### Provided records ###

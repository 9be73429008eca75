-- ===== src/Log/Invariant/Area.antt =====
-- One area of the EEPROM under a push: the entry goes into the first free slot, and when it was the
-- last one the whole area is freed.
use ventilation_system_proje.Common.{
  ℕ, suc, ◌+◌, ◌%◌, ◌^◌, ◌≤◌, ◌<◌, ◌≡◌, ◌⊎◌, inl, inr, sym, ◌∙◌, List, length, arith, get_or, subst,
}
use mathlib.Core.Path.{fun_ext}
use ventilation_system_proje.Common.Cells.{overwritten, overwritten_outside}
use ventilation_system_proje.Eeprom.Storage.{Storage}
use ventilation_system_proje.Log.Handler.{clear_slots}
use ventilation_system_proje.Log.Slots.{slot, clear_slots-Cleared}
use ventilation_system_proje.Log.Invariant.Entries.{Filled, Filled-store, Filled-cleared}

-- Where an area may lie.
pub record IsArea (base : ℕ) : Type 0 where
  pub aligned : base % 8 ≡ 0
  pub inside : base + 2048 < 2 ^ 15

-- The first slot behind `k`, round the area.
abbrev pub next_slot : ℕ → ℕ
next_slot k = (k + 1) % 256

module _ (s : Storage) where
  pub record Pushed (base k : ℕ) (entry : List ℕ) (m m' : s.Mem) : Type 0 where
    pub ready : s.IsReady m'
    pub filled : Filled (s.cell m') base (next_slot k)
    pub outside : (b : ℕ) → (b < base) ⊎ (base + 2048 ≤ b) → s.cell m' b ≡ s.cell m b
    pub kept : suc k < 256 → (b : ℕ) → s.cell m' b ≡ overwritten (s.cell m) (slot base k) entry b

  module _ {base k : ℕ} {entry : List ℕ} (m : s.Mem) (area : IsArea base) (v : s.IsReady m)
      (p : Filled (s.cell m) base k) (len : length entry ≡ 8) (first : get_or entry 0 0 ≡ 1) where
    written :
        (b : ℕ)
        → s.cell (s.store (slot base k) entry m) b ≡ overwritten (s.cell m) (slot base k) entry b
    written b =
        let r = p.room in
        let al = area.aligned in
        let ins = area.inside in s.cell-store (slot base k) entry m b (omega arith) v

    ready : s.IsReady (s.store (slot base k) entry m)
    ready =
        let r = p.room in
        let al = area.aligned in
        let ins = area.inside in s.store-IsReady (slot base k) entry m (omega arith) v

    beside :
        (b : ℕ)
        → (b < base) ⊎ (base + 2048 ≤ b)
        → s.cell (s.store (slot base k) entry m) b ≡ s.cell m b
    beside b o =
        let r = p.room in
        written b ∙ overwritten_outside (s.cell m) (slot base k) entry b (omega arith)

    pub Pushed-room : suc k < 256 → Pushed base k entry m (s.store (slot base k) entry m)
    Pushed-room more = record {
      ready = ready;
      filled = subst (Filled (s.cell (s.store (slot base k) entry m)) base) (omega arith) (
          subst (λ f. Filled f base (suc k)) (sym (fun_ext written))
            (Filled-store (s.cell m) base k entry len first more p));
      outside = beside;
      kept = λ _. written;
    }

    pub Pushed-full :
        suc k ≡ 256 → Pushed base k entry m (clear_slots s 256 base (s.store (slot base k) entry m))
    Pushed-full full =
        let ins = area.inside in
        let c =
          clear_slots-Cleared s 256 base (s.store (slot base k) entry m) (omega arith) ready in
        record {
          ready = c.ready;
          filled =
              subst (Filled (s.cell (clear_slots s 256 base (s.store (slot base k) entry m))) base)
                (omega arith)
                (Filled-cleared (s.cell (clear_slots s 256 base (s.store (slot base k) entry m)))
                  base c.free);
          outside = λ b o. elim o [
            | inl lt ↦ c.below b lt ∙ beside b (inl lt)
            | inr ge ↦ c.above b (omega arith) ∙ beside b (inr ge)
          ];
          kept = λ more. absurd (omega arith);
        }
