-- ===== src/Log/Invariant.antt =====
-- The invariant of the log handler and its EEPROM areas: each area holds its entries from the
-- first slot on without a gap, and the handler's address is that of the first free slot. What a
-- push leaves, and that a restart finds the same address again.
pub mod Entries
pub mod Area
pub mod Message
pub mod Reboot
pub mod Restart
pub mod Show
use ventilation_system_proje.Common.{
  ℕ, zero, suc, ◌+◌, ◌*◌, ◌/◌, ◌%◌, ◌^◌, ◌≤◌, ◌<◌, ◌≡◌, ◌⊎◌, inl, inr, refl, sym, ap, ◌∙◌, List, [],
  ◌∷◌, Option, some, none, ◌>>=◌, length, arith, Bool, true, false, subst, leb, lt→leb, le→leb,
  get_or, if◌then◌else◌, dec_lt,
}
use Prim.Native.String.{String}
use ventilation_system_proje.Common.Cells.{overwritten}
use ventilation_system_proje.Eeprom.Storage.{Storage}
use ventilation_system_proje.Log.{
  LogHandler, LogMessage, test, test2, RebootStatusCode, ok, crash, forced_reboot, create_log_array,
  message_code, status_code, get_timestamp_since_boot, log_messages, reboot_status_messages,
}
use ventilation_system_proje.Log.Frame.{with_crc, create_log_array-bytes}
use ventilation_system_proje.Log.Handler.{
  Publication, push_log, push_reboot_log, clear_slots, enter_log_to_eeprom, text_at,
  log_publication, status_publication,
}
use ventilation_system_proje.Log.Slots.{slot}
use ventilation_system_proje.Log.Push.{IsEntry, enter_log_stores}
use ventilation_system_proje.Log.Invariant.Entries.{Filled, Filled-same}
use ventilation_system_proje.Log.Invariant.Area.{
  IsArea, Pushed, Pushed-room, Pushed-full, next_slot,
}

abbrev pub log_base : ℕ
log_base = 0

abbrev pub reboot_base : ℕ
reboot_base = 2056

pub log-IsArea : IsArea log_base
log-IsArea = omega arith

pub reboot-IsArea : IsArea reboot_base
reboot-IsArea = omega arith

pub entry-first :
    (code timestamp : ℕ) (entry : List ℕ)
    → IsEntry (create_log_array code timestamp) entry
    → (length entry ≡ 8) × (get_or entry 0 0 ≡ 1)
entry-first code timestamp entry e =
    rw (e.sealed, create_log_array-bytes code timestamp) (refl, refl)

module _ (s : Storage) where
  -- `k` entries in the message log and `j` in the reboot log.
  pub record IsValid (h : LogHandler) (m : s.Mem) (k j : ℕ) : Type 0 where
    pub ready : s.IsReady m
    pub log_addr : h.unused_log_addr ≡ slot log_base k
    pub logs : Filled (s.cell m) log_base k
    pub reboot_addr : h.unused_reboot_status_addr ≡ slot reboot_base j
    pub reboots : Filled (s.cell m) reboot_base j

  -- The storage after a push, whether or not the area was full.
  pub Pushed-either :
      {base k : ℕ} {entry : List ℕ} (m : s.Mem)
      → IsArea base
      → s.IsReady m
      → Filled (s.cell m) base k
      → length entry ≡ 8
      → get_or entry 0 0 ≡ 1
      → Pushed s base k entry m (
          if leb 256 (suc k)
          then clear_slots s 256 base (s.store (slot base k) entry m)
          else s.store (slot base k) entry m)
  Pushed-either {base} {k} {entry} m area v p len first = elim (dec_lt (suc k) 256) [
    | yes more ↦ rw (lt→leb 256 (suc k) more) (Pushed-room s m area v p len first more)
    | no full ↦
        let r = p.room in
        rw (le→leb 256 (suc k) (omega arith)) (Pushed-full s m area v p len first (omega arith))
  ]

  -- What a push of `xs` into the area at `base` leaves: the call returns and publishes `sent`, `entry` is `xs` with its
  -- checksum, and the invariant holds with one more entry in that area.
  pub record AfterPush (base k k' j' : ℕ) (xs : List ℕ) (sent : Publication) (m : s.Mem)
      (out : Option (LogHandler × s.Mem × Publication)) : Type 0 where
    pub handler : LogHandler
    pub mem : s.Mem
    pub returns : out ≡ some (handler, mem, sent)
    pub entry : List ℕ
    pub is_entry : IsEntry xs entry
    pub pushed : Pushed s base k entry m mem
    pub valid : IsValid handler mem k' j'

###

# About this task:
Give the number of lines in the data that contain the string "IsArea", and nothing else.

# Solved exercise:
8